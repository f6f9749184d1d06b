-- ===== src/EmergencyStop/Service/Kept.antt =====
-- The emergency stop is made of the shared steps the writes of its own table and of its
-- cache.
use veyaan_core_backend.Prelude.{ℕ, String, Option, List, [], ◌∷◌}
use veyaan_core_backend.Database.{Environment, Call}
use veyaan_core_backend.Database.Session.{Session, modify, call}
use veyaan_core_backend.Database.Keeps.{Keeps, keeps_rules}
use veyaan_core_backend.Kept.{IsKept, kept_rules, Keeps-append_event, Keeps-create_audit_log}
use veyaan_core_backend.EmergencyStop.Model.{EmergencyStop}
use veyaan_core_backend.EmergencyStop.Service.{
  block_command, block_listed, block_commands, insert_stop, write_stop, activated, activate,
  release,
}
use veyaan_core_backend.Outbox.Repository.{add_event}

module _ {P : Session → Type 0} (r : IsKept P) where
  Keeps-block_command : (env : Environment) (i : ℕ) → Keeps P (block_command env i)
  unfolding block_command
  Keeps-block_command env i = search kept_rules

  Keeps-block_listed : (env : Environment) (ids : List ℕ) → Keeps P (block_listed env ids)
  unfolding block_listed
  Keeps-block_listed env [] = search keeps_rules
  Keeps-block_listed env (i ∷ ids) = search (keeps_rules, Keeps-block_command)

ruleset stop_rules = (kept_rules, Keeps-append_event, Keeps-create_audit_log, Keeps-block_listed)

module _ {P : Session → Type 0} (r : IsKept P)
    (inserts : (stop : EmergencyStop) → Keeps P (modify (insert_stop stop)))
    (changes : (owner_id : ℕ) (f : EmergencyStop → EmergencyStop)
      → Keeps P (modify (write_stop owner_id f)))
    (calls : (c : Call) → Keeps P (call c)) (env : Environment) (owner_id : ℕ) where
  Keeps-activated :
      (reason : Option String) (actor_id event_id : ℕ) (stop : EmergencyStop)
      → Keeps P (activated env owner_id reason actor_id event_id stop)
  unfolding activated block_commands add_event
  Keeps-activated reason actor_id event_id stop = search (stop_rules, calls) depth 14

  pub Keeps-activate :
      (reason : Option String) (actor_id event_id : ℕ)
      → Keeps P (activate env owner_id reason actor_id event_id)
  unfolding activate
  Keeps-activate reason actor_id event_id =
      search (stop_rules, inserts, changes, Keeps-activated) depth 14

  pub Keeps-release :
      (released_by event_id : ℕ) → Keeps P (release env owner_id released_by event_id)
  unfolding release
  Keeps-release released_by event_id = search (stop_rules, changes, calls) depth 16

● ● ● ●

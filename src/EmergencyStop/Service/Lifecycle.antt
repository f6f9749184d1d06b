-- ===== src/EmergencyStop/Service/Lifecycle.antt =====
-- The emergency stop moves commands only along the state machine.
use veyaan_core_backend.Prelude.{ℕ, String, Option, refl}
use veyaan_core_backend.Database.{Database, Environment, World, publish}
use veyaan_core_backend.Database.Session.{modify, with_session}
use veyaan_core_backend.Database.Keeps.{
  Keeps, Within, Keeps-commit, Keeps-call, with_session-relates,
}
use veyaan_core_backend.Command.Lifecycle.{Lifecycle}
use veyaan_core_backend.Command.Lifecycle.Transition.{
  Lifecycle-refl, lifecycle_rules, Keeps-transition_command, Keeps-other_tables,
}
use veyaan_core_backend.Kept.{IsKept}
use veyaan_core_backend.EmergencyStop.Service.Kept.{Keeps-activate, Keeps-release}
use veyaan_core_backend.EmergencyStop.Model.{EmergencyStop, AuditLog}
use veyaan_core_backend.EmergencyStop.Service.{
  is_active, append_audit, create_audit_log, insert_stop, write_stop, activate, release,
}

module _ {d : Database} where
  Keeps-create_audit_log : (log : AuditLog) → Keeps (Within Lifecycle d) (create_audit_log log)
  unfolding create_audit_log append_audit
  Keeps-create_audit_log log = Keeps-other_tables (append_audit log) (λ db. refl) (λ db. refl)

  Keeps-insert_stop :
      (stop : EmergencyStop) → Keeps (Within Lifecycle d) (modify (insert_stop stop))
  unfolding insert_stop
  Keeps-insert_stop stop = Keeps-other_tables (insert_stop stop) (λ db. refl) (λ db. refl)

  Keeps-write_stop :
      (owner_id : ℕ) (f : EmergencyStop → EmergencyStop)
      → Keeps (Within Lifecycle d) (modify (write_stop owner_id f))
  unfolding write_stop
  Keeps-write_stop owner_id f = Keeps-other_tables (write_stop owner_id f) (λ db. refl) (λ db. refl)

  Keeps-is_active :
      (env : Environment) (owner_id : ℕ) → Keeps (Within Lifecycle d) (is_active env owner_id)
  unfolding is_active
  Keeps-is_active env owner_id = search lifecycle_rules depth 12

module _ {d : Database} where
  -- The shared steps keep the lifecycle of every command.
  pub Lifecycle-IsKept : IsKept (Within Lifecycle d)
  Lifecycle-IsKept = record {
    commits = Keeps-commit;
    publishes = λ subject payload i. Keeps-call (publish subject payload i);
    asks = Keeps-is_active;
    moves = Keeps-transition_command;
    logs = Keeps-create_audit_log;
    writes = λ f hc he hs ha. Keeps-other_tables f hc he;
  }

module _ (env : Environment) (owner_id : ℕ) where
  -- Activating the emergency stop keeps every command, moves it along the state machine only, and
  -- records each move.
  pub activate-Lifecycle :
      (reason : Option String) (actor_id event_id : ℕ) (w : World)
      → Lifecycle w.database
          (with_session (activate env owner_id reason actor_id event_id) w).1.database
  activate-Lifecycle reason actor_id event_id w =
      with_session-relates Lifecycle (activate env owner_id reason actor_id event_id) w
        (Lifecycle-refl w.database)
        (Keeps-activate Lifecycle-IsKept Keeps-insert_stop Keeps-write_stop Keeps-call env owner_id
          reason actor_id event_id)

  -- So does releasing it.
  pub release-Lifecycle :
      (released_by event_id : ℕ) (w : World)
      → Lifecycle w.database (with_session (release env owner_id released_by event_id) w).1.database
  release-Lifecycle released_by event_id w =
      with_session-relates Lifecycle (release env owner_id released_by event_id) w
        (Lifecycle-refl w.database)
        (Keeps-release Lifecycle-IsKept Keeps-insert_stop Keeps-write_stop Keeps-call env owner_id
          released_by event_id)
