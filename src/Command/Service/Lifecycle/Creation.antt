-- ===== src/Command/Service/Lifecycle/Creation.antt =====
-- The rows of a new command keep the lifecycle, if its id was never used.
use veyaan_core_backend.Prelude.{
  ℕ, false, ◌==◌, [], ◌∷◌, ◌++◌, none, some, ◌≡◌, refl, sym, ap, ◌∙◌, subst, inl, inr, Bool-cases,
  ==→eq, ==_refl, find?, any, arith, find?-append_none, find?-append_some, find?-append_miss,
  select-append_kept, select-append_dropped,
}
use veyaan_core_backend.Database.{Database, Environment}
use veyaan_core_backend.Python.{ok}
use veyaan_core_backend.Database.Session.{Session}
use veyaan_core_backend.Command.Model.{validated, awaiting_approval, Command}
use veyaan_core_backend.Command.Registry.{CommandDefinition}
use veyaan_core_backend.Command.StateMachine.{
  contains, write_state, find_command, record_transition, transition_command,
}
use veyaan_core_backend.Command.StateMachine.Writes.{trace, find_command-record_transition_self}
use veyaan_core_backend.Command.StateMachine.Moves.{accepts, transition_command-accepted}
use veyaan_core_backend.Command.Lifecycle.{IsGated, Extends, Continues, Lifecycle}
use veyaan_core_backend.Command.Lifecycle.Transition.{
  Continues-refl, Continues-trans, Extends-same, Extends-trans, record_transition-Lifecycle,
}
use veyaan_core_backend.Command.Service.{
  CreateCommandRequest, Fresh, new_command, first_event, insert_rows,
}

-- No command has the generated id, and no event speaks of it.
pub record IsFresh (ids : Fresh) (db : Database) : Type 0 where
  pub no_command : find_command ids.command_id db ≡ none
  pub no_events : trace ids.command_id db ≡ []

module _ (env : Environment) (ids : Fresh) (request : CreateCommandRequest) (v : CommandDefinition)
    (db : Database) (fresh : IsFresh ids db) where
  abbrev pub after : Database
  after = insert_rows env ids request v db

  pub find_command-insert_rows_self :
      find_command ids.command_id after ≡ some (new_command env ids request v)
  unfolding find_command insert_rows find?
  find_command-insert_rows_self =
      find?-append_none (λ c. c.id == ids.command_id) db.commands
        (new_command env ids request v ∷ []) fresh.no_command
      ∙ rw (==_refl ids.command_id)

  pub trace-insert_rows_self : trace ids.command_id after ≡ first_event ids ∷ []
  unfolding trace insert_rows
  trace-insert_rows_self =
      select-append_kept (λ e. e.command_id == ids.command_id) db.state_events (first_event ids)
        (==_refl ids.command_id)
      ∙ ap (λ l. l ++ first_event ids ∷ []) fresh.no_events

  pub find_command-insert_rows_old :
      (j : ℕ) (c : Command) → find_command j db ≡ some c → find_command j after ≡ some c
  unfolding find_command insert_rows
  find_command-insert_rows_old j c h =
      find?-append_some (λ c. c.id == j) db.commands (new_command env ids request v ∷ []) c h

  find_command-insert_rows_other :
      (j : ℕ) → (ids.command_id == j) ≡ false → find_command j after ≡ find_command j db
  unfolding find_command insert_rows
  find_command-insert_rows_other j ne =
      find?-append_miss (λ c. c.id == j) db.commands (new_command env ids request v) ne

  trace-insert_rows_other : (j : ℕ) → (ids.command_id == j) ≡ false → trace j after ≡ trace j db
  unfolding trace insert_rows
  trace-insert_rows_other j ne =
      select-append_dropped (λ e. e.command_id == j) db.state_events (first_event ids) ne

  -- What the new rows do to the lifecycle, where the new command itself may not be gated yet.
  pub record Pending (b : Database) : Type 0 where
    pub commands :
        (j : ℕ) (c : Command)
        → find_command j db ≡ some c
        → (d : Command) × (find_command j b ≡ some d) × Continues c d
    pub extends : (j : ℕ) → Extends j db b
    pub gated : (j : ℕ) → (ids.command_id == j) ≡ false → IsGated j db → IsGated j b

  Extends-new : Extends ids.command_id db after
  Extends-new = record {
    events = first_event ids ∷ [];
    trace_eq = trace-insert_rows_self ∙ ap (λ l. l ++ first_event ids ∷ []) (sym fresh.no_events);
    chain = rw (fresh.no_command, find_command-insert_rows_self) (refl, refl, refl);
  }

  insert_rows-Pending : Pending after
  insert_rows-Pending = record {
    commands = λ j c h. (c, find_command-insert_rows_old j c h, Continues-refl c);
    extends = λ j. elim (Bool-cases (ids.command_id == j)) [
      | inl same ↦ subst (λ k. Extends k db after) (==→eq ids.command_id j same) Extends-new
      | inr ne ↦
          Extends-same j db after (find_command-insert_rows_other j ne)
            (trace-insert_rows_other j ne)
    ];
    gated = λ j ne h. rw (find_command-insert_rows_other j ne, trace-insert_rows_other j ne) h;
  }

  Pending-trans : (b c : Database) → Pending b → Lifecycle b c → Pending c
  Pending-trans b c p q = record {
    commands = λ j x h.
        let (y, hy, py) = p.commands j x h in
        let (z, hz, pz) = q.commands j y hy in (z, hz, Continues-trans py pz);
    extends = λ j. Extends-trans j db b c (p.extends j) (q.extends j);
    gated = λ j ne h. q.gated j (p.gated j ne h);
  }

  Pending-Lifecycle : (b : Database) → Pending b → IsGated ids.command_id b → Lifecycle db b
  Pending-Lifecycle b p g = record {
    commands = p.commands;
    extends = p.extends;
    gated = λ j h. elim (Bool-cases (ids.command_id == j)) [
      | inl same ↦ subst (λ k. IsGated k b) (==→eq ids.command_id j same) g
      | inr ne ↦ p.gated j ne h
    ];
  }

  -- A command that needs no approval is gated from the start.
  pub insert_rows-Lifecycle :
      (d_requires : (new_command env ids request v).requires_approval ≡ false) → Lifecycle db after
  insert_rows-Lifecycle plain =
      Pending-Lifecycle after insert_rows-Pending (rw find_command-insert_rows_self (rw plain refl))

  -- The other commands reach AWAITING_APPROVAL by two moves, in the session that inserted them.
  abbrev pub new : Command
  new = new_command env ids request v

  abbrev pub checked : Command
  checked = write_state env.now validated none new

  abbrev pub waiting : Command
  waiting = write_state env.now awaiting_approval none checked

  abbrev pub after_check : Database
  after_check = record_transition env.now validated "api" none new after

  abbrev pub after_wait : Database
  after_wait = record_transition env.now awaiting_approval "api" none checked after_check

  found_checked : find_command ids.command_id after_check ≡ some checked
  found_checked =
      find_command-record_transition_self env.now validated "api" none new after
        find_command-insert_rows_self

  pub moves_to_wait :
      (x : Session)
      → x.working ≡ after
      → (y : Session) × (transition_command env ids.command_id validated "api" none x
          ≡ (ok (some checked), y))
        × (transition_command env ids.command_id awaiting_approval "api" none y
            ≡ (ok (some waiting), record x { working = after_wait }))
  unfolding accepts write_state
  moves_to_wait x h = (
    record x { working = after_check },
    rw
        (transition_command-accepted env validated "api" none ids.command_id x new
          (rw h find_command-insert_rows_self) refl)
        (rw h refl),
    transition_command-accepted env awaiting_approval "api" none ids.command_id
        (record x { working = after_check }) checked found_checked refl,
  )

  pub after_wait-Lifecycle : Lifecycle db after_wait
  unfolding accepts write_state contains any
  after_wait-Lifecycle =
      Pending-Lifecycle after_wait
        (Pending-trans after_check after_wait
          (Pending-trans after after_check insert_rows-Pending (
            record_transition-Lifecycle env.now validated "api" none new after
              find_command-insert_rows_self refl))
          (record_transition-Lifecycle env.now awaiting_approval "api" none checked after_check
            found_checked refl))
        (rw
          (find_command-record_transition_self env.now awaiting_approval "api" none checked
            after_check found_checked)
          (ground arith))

● ● ● ●

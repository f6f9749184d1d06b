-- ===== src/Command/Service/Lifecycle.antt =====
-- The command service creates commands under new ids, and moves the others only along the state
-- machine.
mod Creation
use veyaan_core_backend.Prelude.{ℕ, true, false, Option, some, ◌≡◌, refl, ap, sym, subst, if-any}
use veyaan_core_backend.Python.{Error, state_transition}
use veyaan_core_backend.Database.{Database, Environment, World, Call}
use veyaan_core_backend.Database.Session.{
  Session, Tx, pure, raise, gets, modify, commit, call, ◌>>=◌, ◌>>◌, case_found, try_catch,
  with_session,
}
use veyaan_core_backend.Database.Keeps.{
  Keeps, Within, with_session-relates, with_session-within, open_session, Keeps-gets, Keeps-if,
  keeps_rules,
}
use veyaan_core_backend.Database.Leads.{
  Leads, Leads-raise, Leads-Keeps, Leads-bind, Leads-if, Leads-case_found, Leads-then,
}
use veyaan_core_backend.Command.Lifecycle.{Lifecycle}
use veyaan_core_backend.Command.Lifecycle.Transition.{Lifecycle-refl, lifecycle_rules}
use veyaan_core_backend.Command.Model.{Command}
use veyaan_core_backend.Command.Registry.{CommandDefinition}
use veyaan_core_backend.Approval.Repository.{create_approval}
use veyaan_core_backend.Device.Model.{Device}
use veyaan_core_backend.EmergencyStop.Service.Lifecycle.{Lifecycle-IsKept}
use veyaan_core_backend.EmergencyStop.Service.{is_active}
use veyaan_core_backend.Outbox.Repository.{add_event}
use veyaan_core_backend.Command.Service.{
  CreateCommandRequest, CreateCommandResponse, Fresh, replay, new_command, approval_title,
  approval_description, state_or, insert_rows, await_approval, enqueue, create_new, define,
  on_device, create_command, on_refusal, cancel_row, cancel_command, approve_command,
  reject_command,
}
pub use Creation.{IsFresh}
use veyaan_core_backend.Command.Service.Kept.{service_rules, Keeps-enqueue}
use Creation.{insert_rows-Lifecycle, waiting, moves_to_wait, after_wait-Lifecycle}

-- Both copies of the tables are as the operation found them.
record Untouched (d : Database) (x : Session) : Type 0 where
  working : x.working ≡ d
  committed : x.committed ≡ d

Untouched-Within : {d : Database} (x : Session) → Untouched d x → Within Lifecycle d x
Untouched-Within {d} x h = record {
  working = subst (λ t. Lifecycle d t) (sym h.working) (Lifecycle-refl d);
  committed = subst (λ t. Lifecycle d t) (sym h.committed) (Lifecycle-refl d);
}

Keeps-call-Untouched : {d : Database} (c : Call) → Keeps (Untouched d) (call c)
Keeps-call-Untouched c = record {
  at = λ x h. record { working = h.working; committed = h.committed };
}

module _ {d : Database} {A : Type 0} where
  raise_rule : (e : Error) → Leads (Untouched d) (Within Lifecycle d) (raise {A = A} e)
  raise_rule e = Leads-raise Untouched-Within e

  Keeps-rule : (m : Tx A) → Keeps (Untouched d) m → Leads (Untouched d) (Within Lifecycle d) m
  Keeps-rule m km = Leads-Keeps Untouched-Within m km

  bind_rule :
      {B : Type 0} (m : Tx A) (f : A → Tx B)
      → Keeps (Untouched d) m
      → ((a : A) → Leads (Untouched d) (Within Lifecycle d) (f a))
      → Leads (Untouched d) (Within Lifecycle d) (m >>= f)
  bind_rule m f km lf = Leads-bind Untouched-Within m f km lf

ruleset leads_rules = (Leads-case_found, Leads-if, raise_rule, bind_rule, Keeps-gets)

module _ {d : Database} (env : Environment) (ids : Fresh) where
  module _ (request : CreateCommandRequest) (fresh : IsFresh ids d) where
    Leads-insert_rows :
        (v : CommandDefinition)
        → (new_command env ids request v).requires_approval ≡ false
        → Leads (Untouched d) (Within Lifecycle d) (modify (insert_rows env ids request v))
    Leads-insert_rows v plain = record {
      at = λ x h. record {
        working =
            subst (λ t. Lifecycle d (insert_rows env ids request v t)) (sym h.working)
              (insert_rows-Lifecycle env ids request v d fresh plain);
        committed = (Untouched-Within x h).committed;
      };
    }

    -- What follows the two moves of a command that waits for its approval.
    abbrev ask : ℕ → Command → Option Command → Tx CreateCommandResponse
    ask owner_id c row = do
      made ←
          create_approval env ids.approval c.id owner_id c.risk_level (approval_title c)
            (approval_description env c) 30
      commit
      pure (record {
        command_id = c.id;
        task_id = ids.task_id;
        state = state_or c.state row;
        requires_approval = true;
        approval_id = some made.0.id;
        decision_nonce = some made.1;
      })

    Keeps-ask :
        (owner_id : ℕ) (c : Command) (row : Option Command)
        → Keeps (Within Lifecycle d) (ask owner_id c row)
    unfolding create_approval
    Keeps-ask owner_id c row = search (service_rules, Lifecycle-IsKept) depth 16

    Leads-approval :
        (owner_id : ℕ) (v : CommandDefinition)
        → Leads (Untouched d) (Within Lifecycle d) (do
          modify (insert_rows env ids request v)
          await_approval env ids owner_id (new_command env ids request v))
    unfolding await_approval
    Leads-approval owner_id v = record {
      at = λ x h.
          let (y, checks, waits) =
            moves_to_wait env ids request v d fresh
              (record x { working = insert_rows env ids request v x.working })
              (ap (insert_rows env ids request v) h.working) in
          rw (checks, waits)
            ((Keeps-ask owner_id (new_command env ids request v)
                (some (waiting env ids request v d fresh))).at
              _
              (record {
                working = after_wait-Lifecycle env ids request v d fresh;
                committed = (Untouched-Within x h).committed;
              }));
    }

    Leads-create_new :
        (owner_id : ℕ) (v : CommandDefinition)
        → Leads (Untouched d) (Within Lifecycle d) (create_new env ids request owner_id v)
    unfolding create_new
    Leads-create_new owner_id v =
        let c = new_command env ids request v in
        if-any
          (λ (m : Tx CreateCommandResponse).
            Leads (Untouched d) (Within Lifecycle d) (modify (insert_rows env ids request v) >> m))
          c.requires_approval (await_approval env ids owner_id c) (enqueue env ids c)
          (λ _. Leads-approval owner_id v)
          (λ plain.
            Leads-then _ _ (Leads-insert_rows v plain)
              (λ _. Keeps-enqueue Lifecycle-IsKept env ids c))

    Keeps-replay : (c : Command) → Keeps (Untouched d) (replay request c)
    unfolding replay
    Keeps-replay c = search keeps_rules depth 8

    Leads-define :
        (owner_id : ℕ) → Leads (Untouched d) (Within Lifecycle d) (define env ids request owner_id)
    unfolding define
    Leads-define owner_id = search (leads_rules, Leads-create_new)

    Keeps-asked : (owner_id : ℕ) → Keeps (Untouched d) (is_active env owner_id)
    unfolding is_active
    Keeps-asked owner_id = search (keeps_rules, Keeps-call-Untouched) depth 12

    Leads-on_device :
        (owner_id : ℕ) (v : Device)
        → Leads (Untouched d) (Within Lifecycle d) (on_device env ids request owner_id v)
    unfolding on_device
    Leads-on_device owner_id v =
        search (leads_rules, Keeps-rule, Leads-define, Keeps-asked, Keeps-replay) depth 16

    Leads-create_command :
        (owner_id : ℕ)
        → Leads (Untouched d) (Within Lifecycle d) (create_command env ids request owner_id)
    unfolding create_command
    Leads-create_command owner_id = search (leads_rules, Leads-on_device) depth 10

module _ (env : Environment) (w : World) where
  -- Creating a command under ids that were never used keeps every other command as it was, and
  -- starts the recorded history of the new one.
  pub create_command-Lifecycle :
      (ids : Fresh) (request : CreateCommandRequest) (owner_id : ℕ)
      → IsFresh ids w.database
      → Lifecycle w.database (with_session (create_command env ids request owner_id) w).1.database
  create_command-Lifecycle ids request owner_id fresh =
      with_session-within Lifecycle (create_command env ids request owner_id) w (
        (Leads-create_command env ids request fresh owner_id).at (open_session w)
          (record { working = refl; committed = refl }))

● ● ● ●

* [What is expected]:
Would you please return all lines from the listing above that contain "then"?

* [Output of the exercise]:
  Leads, Leads-raise, Leads-Keeps, Leads-bind, Leads-if, Leads-case_found, Leads-then,
            Leads-then _ _ (Leads-insert_rows v plain)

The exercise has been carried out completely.